## PROBLEM REQUIREMENTS
The records below are to be written out again, exactly as they appear.

## Collected data entries

-- ===== src/Session/Build.antt =====
-- u_conn.go: uLoadSession, and the calls that buildHandshakeState makes to the session controller.
pub mod Laws
pub mod Tracker
pub mod Again
pub mod Errors
use utls.Base.{
  ℕ, Bool, true, false, not, ◌&&◌, ◌==◌, List, Option, none, some, Bytes, if◌then◌else◌, Run, ok,
  panic, check, ◌>>=◌, ◌>>◌,
}
use utls.Session.State.{Session, PskIdentity, UConn}
use utls.Session.Extension.{version_tls12, tls13_hash_size}
use utls.Session.Controller.{
  ShouldLoad, should_return, should_set_ticket, should_set_psk, should_load, should_load_session,
  utls_about_to_load_session, init_session_ticket_ext, init_psk_ext, set_session_ticket_to_u_conn,
  set_psk_to_u_conn, should_update_binders, on_enter_load_session_check, on_load_session_return,
  override_psk_ext, override_session_ticket_ext, should_load_session_write_binders,
}

-- What the body of Conn.loadSession finds in the client's cache: no usable session, a session of
-- TLS 1.2 or older with the ticket it puts into the hello, or a TLS 1.3 session with the secrets, the
-- identities, and whether computeAndUpdatePSK would return an error for it.
pub data Found : Type 0 where
  nothing : Found
  old_session : Session → Option Bytes → Found
  tls13_session : Session → Bytes → Bytes → List PskIdentity → Bool → Found

-- The connection after a call, and whether the call returned an error.
pub data LoadResult : Type 0 where
  load_failed : UConn → LoadResult
  loaded : UConn → LoadResult

-- Only the TLS 1.3 path of loadSession asks whether it should write the binders, and only if it should does
-- computeAndUpdatePSK run, whose error it returns.
write_error : Found → UConn → Run Bool
write_error nothing u = ok false
write_error (old_session s t) u = ok false
write_error (tls13_session s early key ids update_fails) u = do
  writes ← should_load_session_write_binders u
  ok (writes && update_fails)

-- Conn.loadSession, as the controller sees it: the check on entry, the body, the deferred return.
unfoldable pub load_session : Found → UConn → Run LoadResult
unfolding write_error
load_session found u = do
  u' ← on_enter_load_session_check u
  failed ← write_error found u'
  u'' ← on_load_session_return u'
  ok (if failed then load_failed u'' else loaded u'')

-- cipherSuiteTLS13ByID, a suite as its id
unfoldable pub cipher_suite_tls13_by_id : ℕ → Option ℕ
cipher_suite_tls13_by_id id = elim (tls13_hash_size id) [ none ↦ none | some n ↦ some id ]

-- The branch on `session.version == VersionTLS12`. The initialised ticket extension is copied to the
-- connection at once, a psk extension only if there is one.
use_psk : Session → Bytes → Bytes → List PskIdentity → UConn → Run UConn
use_psk s early key ids u = do
  u' ← init_psk_ext (some s) early key ids u
  if should_update_binders u'
      then (do
        u'' ← set_psk_to_u_conn u'
        ok (record u'' {
          psk_binder_key = key;
          psk_cipher_suite = cipher_suite_tls13_by_id s.cipher_suite;
        }))
      else ok u'

use_session : Session → Option Bytes → Bytes → Bytes → List PskIdentity → UConn → Run UConn
use_session s ticket early key ids u =
    if s.version == version_tls12
    then (do u' ← init_session_ticket_ext (some s) ticket u; set_session_ticket_to_u_conn u')
    else use_psk s early key ids u

-- `hello` is a copy whose ticket and identities are those of the connection until loadSession sets them.
use_found : Found → UConn → Run UConn
use_found nothing u = ok u
use_found (old_session s ticket) u = use_session s ticket List.[] List.[] u.hello_psk_identities u
use_found (tls13_session s early key ids update_fails) u =
    use_session s u.hello_session_ticket early key ids u

-- `if session == nil || err != nil { return err }`, and what comes after it
use_loaded : Found → LoadResult → Run LoadResult
use_loaded found (load_failed u) = ok (load_failed u)
use_loaded found (loaded u) = do u' ← use_found found u; ok (loaded u')

pub act : ShouldLoad → Found → UConn → Run LoadResult
act should_return found u = ok (loaded u)
act should_set_ticket found u = do u' ← set_session_ticket_to_u_conn u; ok (loaded u')
act should_set_psk found u = do u' ← set_psk_to_u_conn u; ok (loaded u')
act should_load found u = do
  u₁ ← utls_about_to_load_session u
  result ← load_session found u₁
  use_loaded found result

-- uLoadSession; the flag says that tickets are enabled and there is a session cache.
unfoldable pub u_load_session : Bool → Found → UConn → Run LoadResult
unfolding act use_loaded use_found use_session use_psk
u_load_session enabled found u =
    if not enabled then ok (loaded u) else act (should_load_session u) found u

-- What the two setters return: an error where sessions are disabled, or the connection.
pub data SetResult : Type 0 where
  session_is_disabled : SetResult
  was_set : UConn → SetResult

-- UConn.SetSessionTicketExtension and UConn.SetPskExtension, with a nil extension as `none`.
unfoldable pub set_session_ticket_extension : Bool → Option ℕ → UConn → Run SetResult
set_session_ticket_extension false ext u = ok session_is_disabled
set_session_ticket_extension true none u = ok (was_set u)
set_session_ticket_extension true (some p) u = do
  u' ← override_session_ticket_ext p u
  ok (was_set u')

unfoldable pub set_psk_extension : Bool → Option ℕ → UConn → Run SetResult
set_psk_extension false ext u = ok session_is_disabled
set_psk_extension true none u = ok (was_set u)
set_psk_extension true (some p) u = do
  u' ← override_psk_ext p (record u { hello_ticket_supported = true })
  ok (was_set u')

## WORKED SOLUTION
-- ===== src/Session/Build.antt =====
-- u_conn.go: uLoadSession, and the calls that buildHandshakeState makes to the session controller.
pub mod Laws
pub mod Tracker
pub mod Again
pub mod Errors
use utls.Base.{
  ℕ, Bool, true, false, not, ◌&&◌, ◌==◌, List, Option, none, some, Bytes, if◌then◌else◌, Run, ok,
  panic, check, ◌>>=◌, ◌>>◌,
}
use utls.Session.State.{Session, PskIdentity, UConn}
use utls.Session.Extension.{version_tls12, tls13_hash_size}
use utls.Session.Controller.{
  ShouldLoad, should_return, should_set_ticket, should_set_psk, should_load, should_load_session,
  utls_about_to_load_session, init_session_ticket_ext, init_psk_ext, set_session_ticket_to_u_conn,
  set_psk_to_u_conn, should_update_binders, on_enter_load_session_check, on_load_session_return,
  override_psk_ext, override_session_ticket_ext, should_load_session_write_binders,
}

-- What the body of Conn.loadSession finds in the client's cache: no usable session, a session of
-- TLS 1.2 or older with the ticket it puts into the hello, or a TLS 1.3 session with the secrets, the
-- identities, and whether computeAndUpdatePSK would return an error for it.
pub data Found : Type 0 where
  nothing : Found
  old_session : Session → Option Bytes → Found
  tls13_session : Session → Bytes → Bytes → List PskIdentity → Bool → Found

-- The connection after a call, and whether the call returned an error.
pub data LoadResult : Type 0 where
  load_failed : UConn → LoadResult
  loaded : UConn → LoadResult

-- Only the TLS 1.3 path of loadSession asks whether it should write the binders, and only if it should does
-- computeAndUpdatePSK run, whose error it returns.
write_error : Found → UConn → Run Bool
write_error nothing u = ok false
write_error (old_session s t) u = ok false
write_error (tls13_session s early key ids update_fails) u = do
  writes ← should_load_session_write_binders u
  ok (writes && update_fails)

-- Conn.loadSession, as the controller sees it: the check on entry, the body, the deferred return.
unfoldable pub load_session : Found → UConn → Run LoadResult
unfolding write_error
load_session found u = do
  u' ← on_enter_load_session_check u
  failed ← write_error found u'
  u'' ← on_load_session_return u'
  ok (if failed then load_failed u'' else loaded u'')

-- cipherSuiteTLS13ByID, a suite as its id
unfoldable pub cipher_suite_tls13_by_id : ℕ → Option ℕ
cipher_suite_tls13_by_id id = elim (tls13_hash_size id) [ none ↦ none | some n ↦ some id ]

-- The branch on `session.version == VersionTLS12`. The initialised ticket extension is copied to the
-- connection at once, a psk extension only if there is one.
use_psk : Session → Bytes → Bytes → List PskIdentity → UConn → Run UConn
use_psk s early key ids u = do
  u' ← init_psk_ext (some s) early key ids u
  if should_update_binders u'
      then (do
        u'' ← set_psk_to_u_conn u'
        ok (record u'' {
          psk_binder_key = key;
          psk_cipher_suite = cipher_suite_tls13_by_id s.cipher_suite;
        }))
      else ok u'

use_session : Session → Option Bytes → Bytes → Bytes → List PskIdentity → UConn → Run UConn
use_session s ticket early key ids u =
    if s.version == version_tls12
    then (do u' ← init_session_ticket_ext (some s) ticket u; set_session_ticket_to_u_conn u')
    else use_psk s early key ids u

-- `hello` is a copy whose ticket and identities are those of the connection until loadSession sets them.
use_found : Found → UConn → Run UConn
use_found nothing u = ok u
use_found (old_session s ticket) u = use_session s ticket List.[] List.[] u.hello_psk_identities u
use_found (tls13_session s early key ids update_fails) u =
    use_session s u.hello_session_ticket early key ids u

-- `if session == nil || err != nil { return err }`, and what comes after it
use_loaded : Found → LoadResult → Run LoadResult
use_loaded found (load_failed u) = ok (load_failed u)
use_loaded found (loaded u) = do u' ← use_found found u; ok (loaded u')

pub act : ShouldLoad → Found → UConn → Run LoadResult
act should_return found u = ok (loaded u)
act should_set_ticket found u = do u' ← set_session_ticket_to_u_conn u; ok (loaded u')
act should_set_psk found u = do u' ← set_psk_to_u_conn u; ok (loaded u')
act should_load found u = do
  u₁ ← utls_about_to_load_session u
  result ← load_session found u₁
  use_loaded found result

-- uLoadSession; the flag says that tickets are enabled and there is a session cache.
unfoldable pub u_load_session : Bool → Found → UConn → Run LoadResult
unfolding act use_loaded use_found use_session use_psk
u_load_session enabled found u =
    if not enabled then ok (loaded u) else act (should_load_session u) found u

-- What the two setters return: an error where sessions are disabled, or the connection.
pub data SetResult : Type 0 where
  session_is_disabled : SetResult
  was_set : UConn → SetResult

-- UConn.SetSessionTicketExtension and UConn.SetPskExtension, with a nil extension as `none`.
unfoldable pub set_session_ticket_extension : Bool → Option ℕ → UConn → Run SetResult
set_session_ticket_extension false ext u = ok session_is_disabled
set_session_ticket_extension true none u = ok (was_set u)
set_session_ticket_extension true (some p) u = do
  u' ← override_session_ticket_ext p u
  ok (was_set u')

unfoldable pub set_psk_extension : Bool → Option ℕ → UConn → Run SetResult
set_psk_extension false ext u = ok session_is_disabled
set_psk_extension true none u = ok (was_set u)
set_psk_extension true (some p) u = do
  u' ← override_psk_ext p (record u { hello_ticket_supported = true })
  ok (was_set u')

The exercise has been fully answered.